WHAT NEEDS TO BE DONE: Where a line of the entries holds the string "dashboard", copy that line.

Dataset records

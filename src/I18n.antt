-- ===== src/I18n.antt =====
-- web/src/lib/i18n/: the locales, and the provider that keeps the chosen one.
-- React runs the effects of a component in order after a render, and again after a render in which
-- one of their dependencies has changed: `mounted_provider` and `choose` are written so.
pub mod Shape
mod EnSite
mod EnConsole
mod ZhSite
mod ZhConsole
pub mod Catalogs
pub mod Persistence
use uni_llm.Prelude.{
  Bool, List, Option, String, [], false, if◌then◌else◌, none, some, true, ◌===◌, ◌∷◌,
}
use uni_llm.Net.{Browser, Outcome, err, get_item, ok, set_item}
use uni_llm.I18n.Shape.{Messages}
use uni_llm.I18n.Catalogs.{en, zh_cn}

pub data Locale : Type 0 where
  en_locale zh_cn_locale : Locale

abbrev pub locale_storage_key : String
locale_storage_key = "unillm-locale"

abbrev pub default_locale : Locale
default_locale = en_locale

-- The text that stands for a locale in the storage.
abbrev pub locale_tag : Locale → String
locale_tag en_locale = "en"
locale_tag zh_cn_locale = "zh-CN"

abbrev pub locale_label : Locale → String
locale_label en_locale = "EN"
locale_label zh_cn_locale = "中文"

abbrev pub messages_map : Locale → Messages
messages_map en_locale = en
messages_map zh_cn_locale = zh_cn

-- `readStoredLocale`
unfoldable pub read_stored_locale : Browser → Locale
read_stored_locale b =
    if b.has_window
    then elim (get_item locale_storage_key b) [
      | none ↦ default_locale
      | some stored ↦
          if stored === "en"
          then en_locale
          else if stored === "zh-CN"
          then zh_cn_locale
          else default_locale
    ]
    else default_locale

-- The state of `I18nProvider`, with what it writes: the storage and `document.documentElement.lang`.
pub record Provider : Type 0 where
  pub locale : Locale
  pub mounted : Bool
  pub browser : Browser
  pub lang : String

-- The first render.
unfoldable pub first_render : Browser → String → Provider
first_render b lang = record { locale = default_locale; mounted = false; browser = b; lang = lang }

-- `setLocaleState(readStoredLocale()); setMounted(true);`
unfoldable pub mount_effect : Provider → Provider
mount_effect p = record p { locale = read_stored_locale p.browser; mounted = true }

-- The effect with the dependencies `[locale, mounted]`.
unfoldable pub persist_effect : Provider → Provider
persist_effect p =
    if p.mounted
    then record p {
      lang = locale_tag p.locale;
      browser = set_item locale_storage_key (locale_tag p.locale) p.browser;
    }
    else p

unfoldable pub set_locale : Locale → Provider → Provider
set_locale l p = record p { locale = l }

-- After the first render both effects run with its values, where `mounted` is false, and the state
-- that the first one has set takes effect in the next render, after which the second runs again.
unfoldable pub mounted_provider : Browser → String → Provider
unfolding first_render mount_effect persist_effect
mounted_provider b lang = persist_effect (mount_effect (persist_effect (first_render b lang)))

-- A choice of the user, and the effect of the render that it causes.
unfoldable pub choose : Locale → Provider → Provider
unfolding set_locale persist_effect
choose l p = persist_effect (set_locale l p)

unfoldable pub choose_all : List Locale → Provider → Provider
unfolding choose
choose_all [] p = p
choose_all (l ∷ ls) p = choose_all ls (choose l p)

-- `value.t` of the context
abbrev pub messages_of : Provider → Messages
messages_of p = messages_map p.locale

-- `useI18n`: the context, or an exception outside a provider.
unfoldable pub use_i18n : Option Provider → Outcome Provider
use_i18n none = err "useI18n must be used within I18nProvider"
use_i18n (some p) = ok p
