-- ===== src/Docs/Sections.antt =====
-- What the side bar of web/src/app/docs/page.tsx offers, and what it leads to.
use mathlib.Core.Logic.Or
use uni_llm.Prelude.{
  All, List, String, [], if◌then◌else◌, keep, lookup, map, refl, some, some_of, true, ◌===◌, ◌∷◌,
  ◌≡◌,
}
use uni_llm.I18n.{Locale, en_locale, messages_map, zh_cn_locale}
use uni_llm.Docs.{
  Choice, Content, DocsPage, LanguageTab, SdkLanguage, SdkView, Section, active_section, content,
  examples, label_of, press_button, sdk_section, section_label, sections, show_language,
  show_section, text,
}
use uni_llm.Docs.Markdown.{markdown}
use uni_llm.I18n.Shape.{Messages}

-- What a button leads to: the section with that identifier.
abbrev pub IsOffered : Choice → Type 0
IsOffered (show_section id) = some_of (λ (s : Section). s.id === id) sections ≡ true
IsOffered (show_language l) = Unit

unfoldable pub press_all : List Choice → DocsPage → DocsPage
press_all [] p = p
press_all (c ∷ cs) p = press_all cs (press_button c p)

abbrev HasSection : DocsPage → Type 0
HasSection p = some_of (λ (s : Section). s.id === p.active) sections ≡ true

-- What a section shows.
abbrev pub shown_for : Messages → SdkLanguage → Section → Content
shown_for t l s =
    if s.id === "sdks" then examples (sdk_section t l) else text (markdown (content s))

-- The tabs that are marked.
abbrev pub active_tabs : SdkView → List SdkLanguage
active_tabs v =
    map (λ (b : LanguageTab). b.selects) (keep (λ (b : LanguageTab). b.is_active) v.tabs)

-- In every locale each section has a label of the catalog, and its button makes it the active section.
pub sections_lem :
    (l : Locale) (p : DocsPage)
    → All
        (λ (s : Section).
          ((label : String) × (label_of (messages_map l) s.id ≡ some label)
            × (section_label (messages_map l) s.id ≡ label))
          × (active_section (press_button (show_section s.id) p) ≡ some s))
        sections
unfolding sections label_of section_label active_section press_button lookup
sections_lem en_locale p = (
  ((_, refl, refl), refl),
  (
    ((_, refl, refl), refl),
    (
      ((_, refl, refl), refl),
      (
        ((_, refl, refl), refl),
        (
          ((_, refl, refl), refl),
          (
            ((_, refl, refl), refl),
            (
              ((_, refl, refl), refl),
              (((_, refl, refl), refl), (((_, refl, refl), refl), (((_, refl, refl), refl), tt))),
            ),
          ),
        ),
      ),
    ),
  ),
)
sections_lem zh_cn_locale p = (
  ((_, refl, refl), refl),
  (
    ((_, refl, refl), refl),
    (
      ((_, refl, refl), refl),
      (
        ((_, refl, refl), refl),
        (
          ((_, refl, refl), refl),
          (
            ((_, refl, refl), refl),
            (
              ((_, refl, refl), refl),
              (((_, refl, refl), refl), (((_, refl, refl), refl), (((_, refl, refl), refl), tt))),
            ),
          ),
        ),
      ),
    ),
  ),
)
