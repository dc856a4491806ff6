-- ===== src/Header.antt =====
-- web/src/components/SiteHeader.tsx: what the header offers, and what its controls do. The markup,
-- with the node `trailing` and the colours, is in Header/View.
pub mod Account
pub mod View
use uni_llm.Api
use uni_llm.Prelude.{
  Bool, List, Option, String, [], false, if◌then◌else◌, none, some, true, ◌<+>◌, ◌∷◌,
}
use uni_llm.Net.{Host, Session, go_to}
use uni_llm.I18n.Shape.{Messages}
use uni_llm.Double.{Double}

pub data NavKey : Type 0 where
  models_key playground_key docs_key calculator_key : NavKey

-- `activeNav === key`
abbrev pub is_key : NavKey → Option NavKey → Bool
is_key k none = false
is_key models_key (some models_key) = true
is_key playground_key (some playground_key) = true
is_key docs_key (some docs_key) = true
is_key calculator_key (some calculator_key) = true
is_key _ (some _) = false

abbrev pub nav_link_class : String
nav_link_class = "text-sm text-[var(--muted)] hover:text-[var(--foreground)] transition-colors"

abbrev pub active_link_class : String
active_link_class = "text-sm text-[var(--foreground)] font-medium"

unfoldable pub link_class : Option NavKey → NavKey → String
link_class active k = if is_key k active then active_link_class else nav_link_class

-- `SiteHeaderProps`, with `null` for no balance.
pub record HeaderProps (Number : Type 0) : Type 0 where
  pub active_nav : Option NavKey
  pub sticky : Bool
  pub balance : Option Number
  pub admin_badge : Bool

-- An anchor with its address, or the button that logs out.
pub data Control : Type 0 where
  link : (href style label : String) → Control
  logout_button : (style label : String) → Control

pub record HeaderView : Type 0 where
  pub style : String
  pub brand : Control
  pub badge : Option String
  pub nav : List Control
  pub balance : Option String
  pub account : List Control

unfoldable pub account_controls : Messages → Bool → List Control
account_controls t logged_in =
    if logged_in
    then link "/dashboard" nav_link_class t.nav.dashboard
      ∷ logout_button nav_link_class t.nav.logout
      ∷ []
    else link "/login" "text-sm px-4 py-1.5 rounded-lg font-medium" t.nav.sign_in ∷ []

unfoldable pub nav_link : Messages → Option NavKey → NavKey → Control
unfolding link_class
nav_link t active models_key = link "/models" (link_class active models_key) t.nav.models
nav_link t active playground_key =
    link "/playground" (link_class active playground_key) t.nav.playground
nav_link t active docs_key = link "/docs" (link_class active docs_key) t.nav.docs
nav_link t active calculator_key =
    link "/calculator" (link_class active calculator_key) t.nav.calculator

module _ (d : Double) where
  unfoldable pub site_header : Messages → HeaderProps d.Number → Bool → HeaderView
  site_header t p logged_in = record {
    style =
        "border-b px-6 py-3 flex items-center justify-between "
        <+> (if p.sticky then "sticky top-0 z-50" else "");
    brand = link "/" "text-lg font-bold hover:opacity-80 transition-opacity" "UniLLM";
    badge = if p.admin_badge then some t.admin.badge else none;
    nav =
        nav_link t p.active_nav models_key
        ∷ nav_link t p.active_nav playground_key
        ∷ nav_link t p.active_nav docs_key
        ∷ nav_link t p.active_nav calculator_key
        ∷ [];
    balance = elim p.balance [
      | none ↦ none
      | some b ↦ some (t.dashboard.balance <+> (": $" <+> d.to_fixed 2 b))
    ];
    account = account_controls t logged_in;
  }

  module _ (h : Host) where
    -- The header after its effect, `setLoggedIn(isLoggedIn())`.
    unfoldable pub mounted_header : Messages → HeaderProps d.Number → Session h → HeaderView
    mounted_header t p s = site_header t p (Api.is_logged_in h s)

    -- A click.
    unfoldable pub press : Control → Session h → Session h
    press (link href _ _) s = record s { browser = go_to href s.browser }
    press (logout_button _ _) s = Api.logout h s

TASK SOLUTION:
    then link "/dashboard" nav_link_class t.nav.dashboard
      | some b ↦ some (t.dashboard.balance <+> (": $" <+> d.to_fixed 2 b))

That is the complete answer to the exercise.